**INFORMATION**
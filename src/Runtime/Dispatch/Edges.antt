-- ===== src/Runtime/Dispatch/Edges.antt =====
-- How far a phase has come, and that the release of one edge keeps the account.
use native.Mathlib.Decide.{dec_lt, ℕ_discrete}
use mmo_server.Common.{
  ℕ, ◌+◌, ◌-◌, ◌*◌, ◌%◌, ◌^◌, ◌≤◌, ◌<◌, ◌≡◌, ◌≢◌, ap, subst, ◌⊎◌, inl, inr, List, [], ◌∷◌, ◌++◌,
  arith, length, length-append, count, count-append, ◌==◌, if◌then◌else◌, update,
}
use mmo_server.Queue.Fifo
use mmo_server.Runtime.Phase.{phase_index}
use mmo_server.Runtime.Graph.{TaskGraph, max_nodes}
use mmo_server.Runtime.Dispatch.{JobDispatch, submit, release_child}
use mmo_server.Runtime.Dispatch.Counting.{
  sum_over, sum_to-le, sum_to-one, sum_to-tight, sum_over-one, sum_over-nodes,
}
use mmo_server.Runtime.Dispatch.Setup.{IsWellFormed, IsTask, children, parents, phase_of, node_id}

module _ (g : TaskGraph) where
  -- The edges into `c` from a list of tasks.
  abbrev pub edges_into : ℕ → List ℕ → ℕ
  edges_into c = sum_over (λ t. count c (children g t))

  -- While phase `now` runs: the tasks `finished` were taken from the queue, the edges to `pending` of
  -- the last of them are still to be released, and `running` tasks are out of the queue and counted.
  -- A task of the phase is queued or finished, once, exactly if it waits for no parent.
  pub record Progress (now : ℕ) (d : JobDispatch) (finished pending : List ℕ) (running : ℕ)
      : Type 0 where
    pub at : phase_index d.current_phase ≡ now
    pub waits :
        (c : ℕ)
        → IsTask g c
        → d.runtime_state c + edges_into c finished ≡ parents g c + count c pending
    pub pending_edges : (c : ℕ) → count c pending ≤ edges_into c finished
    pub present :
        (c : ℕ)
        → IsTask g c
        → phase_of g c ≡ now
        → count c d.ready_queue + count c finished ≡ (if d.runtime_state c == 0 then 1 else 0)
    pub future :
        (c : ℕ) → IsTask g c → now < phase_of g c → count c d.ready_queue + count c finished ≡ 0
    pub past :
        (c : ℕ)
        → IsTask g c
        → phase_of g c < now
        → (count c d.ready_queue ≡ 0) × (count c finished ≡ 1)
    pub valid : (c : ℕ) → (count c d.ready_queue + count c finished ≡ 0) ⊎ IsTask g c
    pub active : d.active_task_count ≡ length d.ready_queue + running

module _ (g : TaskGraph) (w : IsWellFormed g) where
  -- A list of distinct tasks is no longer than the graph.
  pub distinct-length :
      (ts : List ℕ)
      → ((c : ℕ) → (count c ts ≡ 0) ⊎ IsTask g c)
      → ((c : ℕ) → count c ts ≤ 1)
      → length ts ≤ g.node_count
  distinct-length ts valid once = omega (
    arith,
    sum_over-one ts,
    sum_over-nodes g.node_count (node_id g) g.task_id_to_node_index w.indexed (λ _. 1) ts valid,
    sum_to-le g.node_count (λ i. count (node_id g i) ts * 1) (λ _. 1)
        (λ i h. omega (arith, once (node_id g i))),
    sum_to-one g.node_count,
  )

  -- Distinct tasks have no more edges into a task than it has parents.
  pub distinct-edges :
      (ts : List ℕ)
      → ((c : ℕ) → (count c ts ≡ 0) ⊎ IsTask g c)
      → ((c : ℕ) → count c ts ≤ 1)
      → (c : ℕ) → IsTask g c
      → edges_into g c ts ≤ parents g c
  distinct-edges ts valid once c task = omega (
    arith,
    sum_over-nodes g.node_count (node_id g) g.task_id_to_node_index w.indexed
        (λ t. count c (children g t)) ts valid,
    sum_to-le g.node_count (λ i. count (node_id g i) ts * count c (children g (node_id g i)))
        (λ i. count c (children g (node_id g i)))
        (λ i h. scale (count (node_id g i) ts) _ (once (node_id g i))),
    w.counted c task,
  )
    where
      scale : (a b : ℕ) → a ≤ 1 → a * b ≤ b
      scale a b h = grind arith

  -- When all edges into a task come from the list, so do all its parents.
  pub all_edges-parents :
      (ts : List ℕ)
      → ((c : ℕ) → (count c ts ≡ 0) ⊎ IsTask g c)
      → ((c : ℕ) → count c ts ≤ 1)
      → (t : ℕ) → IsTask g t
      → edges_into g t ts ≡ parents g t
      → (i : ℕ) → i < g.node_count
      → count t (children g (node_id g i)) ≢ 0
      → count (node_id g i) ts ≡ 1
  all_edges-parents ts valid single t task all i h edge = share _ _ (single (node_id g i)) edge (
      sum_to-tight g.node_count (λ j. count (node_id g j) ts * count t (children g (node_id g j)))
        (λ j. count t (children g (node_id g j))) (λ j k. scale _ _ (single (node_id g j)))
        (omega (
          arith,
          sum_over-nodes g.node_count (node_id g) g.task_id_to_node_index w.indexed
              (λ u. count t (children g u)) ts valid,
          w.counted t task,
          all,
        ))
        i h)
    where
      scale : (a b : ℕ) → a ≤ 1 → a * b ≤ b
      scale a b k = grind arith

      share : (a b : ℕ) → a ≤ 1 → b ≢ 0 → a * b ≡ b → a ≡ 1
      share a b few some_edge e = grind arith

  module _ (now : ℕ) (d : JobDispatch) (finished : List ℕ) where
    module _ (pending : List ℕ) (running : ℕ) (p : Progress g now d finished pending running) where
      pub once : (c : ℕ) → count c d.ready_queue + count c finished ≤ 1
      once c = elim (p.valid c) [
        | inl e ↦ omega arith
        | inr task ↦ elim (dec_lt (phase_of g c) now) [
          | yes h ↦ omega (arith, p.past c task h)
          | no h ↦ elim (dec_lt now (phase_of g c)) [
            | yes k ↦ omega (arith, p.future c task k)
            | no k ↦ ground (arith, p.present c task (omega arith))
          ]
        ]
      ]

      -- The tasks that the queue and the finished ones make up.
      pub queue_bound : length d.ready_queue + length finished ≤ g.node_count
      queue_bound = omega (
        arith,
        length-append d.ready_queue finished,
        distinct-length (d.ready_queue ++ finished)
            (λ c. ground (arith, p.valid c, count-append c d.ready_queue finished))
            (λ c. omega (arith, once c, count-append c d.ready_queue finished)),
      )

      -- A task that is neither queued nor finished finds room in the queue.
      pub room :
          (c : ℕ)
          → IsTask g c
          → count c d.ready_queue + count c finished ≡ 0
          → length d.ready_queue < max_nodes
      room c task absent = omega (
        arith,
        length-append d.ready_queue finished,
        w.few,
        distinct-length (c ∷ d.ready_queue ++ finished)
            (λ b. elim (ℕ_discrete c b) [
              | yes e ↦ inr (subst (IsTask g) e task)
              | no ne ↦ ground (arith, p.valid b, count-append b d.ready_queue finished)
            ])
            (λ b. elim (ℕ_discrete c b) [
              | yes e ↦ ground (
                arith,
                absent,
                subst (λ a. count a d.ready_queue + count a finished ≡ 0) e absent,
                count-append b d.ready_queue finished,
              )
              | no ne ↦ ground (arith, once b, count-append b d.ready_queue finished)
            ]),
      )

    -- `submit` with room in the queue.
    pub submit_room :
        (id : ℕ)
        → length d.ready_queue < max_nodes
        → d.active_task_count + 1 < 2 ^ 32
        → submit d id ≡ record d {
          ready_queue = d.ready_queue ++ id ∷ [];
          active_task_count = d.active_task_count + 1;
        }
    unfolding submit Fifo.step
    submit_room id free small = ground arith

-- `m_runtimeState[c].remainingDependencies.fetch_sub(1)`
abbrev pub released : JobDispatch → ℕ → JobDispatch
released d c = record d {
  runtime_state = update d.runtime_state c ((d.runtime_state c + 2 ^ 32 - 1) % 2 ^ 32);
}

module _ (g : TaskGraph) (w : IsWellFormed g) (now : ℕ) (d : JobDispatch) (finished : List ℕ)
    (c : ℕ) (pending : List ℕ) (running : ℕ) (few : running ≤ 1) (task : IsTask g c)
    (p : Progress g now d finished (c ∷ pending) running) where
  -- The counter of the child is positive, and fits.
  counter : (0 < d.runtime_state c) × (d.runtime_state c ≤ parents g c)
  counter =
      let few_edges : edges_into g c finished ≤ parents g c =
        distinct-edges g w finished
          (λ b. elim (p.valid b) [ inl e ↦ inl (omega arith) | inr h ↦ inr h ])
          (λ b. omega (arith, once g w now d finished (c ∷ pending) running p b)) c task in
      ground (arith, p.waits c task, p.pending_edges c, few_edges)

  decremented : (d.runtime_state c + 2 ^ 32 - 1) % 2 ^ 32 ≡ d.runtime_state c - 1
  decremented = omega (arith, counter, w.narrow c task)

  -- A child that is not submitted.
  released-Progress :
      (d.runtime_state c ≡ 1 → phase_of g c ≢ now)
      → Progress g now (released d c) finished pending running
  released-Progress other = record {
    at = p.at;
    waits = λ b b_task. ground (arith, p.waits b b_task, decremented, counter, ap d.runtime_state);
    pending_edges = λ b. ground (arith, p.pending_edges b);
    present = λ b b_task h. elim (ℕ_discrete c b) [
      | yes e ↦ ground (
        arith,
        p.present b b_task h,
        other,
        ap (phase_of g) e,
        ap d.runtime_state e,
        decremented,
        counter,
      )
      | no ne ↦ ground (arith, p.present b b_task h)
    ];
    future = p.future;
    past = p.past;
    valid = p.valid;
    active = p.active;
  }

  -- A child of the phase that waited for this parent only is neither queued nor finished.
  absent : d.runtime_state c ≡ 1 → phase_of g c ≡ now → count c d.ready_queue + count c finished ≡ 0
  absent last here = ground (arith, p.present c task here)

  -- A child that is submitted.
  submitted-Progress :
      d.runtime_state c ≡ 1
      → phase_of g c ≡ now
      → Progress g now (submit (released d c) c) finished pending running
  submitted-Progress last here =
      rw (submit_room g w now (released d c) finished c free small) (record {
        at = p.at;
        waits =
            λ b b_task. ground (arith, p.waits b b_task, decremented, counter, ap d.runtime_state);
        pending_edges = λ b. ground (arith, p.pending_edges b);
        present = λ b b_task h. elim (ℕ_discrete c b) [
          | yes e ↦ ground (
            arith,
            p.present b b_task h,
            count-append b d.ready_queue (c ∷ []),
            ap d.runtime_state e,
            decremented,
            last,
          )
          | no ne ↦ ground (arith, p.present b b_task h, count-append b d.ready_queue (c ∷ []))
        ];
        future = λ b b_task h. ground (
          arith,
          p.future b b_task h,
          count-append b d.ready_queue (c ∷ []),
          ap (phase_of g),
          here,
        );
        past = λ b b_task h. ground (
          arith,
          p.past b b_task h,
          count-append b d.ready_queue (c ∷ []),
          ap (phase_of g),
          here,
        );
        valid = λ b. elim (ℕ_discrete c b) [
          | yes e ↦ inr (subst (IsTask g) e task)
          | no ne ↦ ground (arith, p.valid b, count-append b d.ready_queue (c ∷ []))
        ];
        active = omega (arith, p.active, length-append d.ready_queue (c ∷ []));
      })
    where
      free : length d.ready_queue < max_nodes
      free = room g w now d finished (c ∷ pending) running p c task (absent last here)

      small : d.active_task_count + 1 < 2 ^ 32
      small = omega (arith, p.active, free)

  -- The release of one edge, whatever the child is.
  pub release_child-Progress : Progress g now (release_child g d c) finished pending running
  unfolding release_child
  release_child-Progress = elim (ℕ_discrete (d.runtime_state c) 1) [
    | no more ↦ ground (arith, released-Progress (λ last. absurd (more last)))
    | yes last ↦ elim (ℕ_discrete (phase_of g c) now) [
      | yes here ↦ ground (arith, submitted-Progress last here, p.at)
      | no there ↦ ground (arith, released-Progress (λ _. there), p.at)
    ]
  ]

**TASK BRIEF**
When a line of the records holds the word "IsWellFormed", copy that line.

**THE ANSWER**
use mmo_server.Runtime.Dispatch.Setup.{IsWellFormed, IsTask, children, parents, phase_of, node_id}
module _ (g : TaskGraph) (w : IsWellFormed g) where
module _ (g : TaskGraph) (w : IsWellFormed g) (now : ℕ) (d : JobDispatch) (finished : List ℕ)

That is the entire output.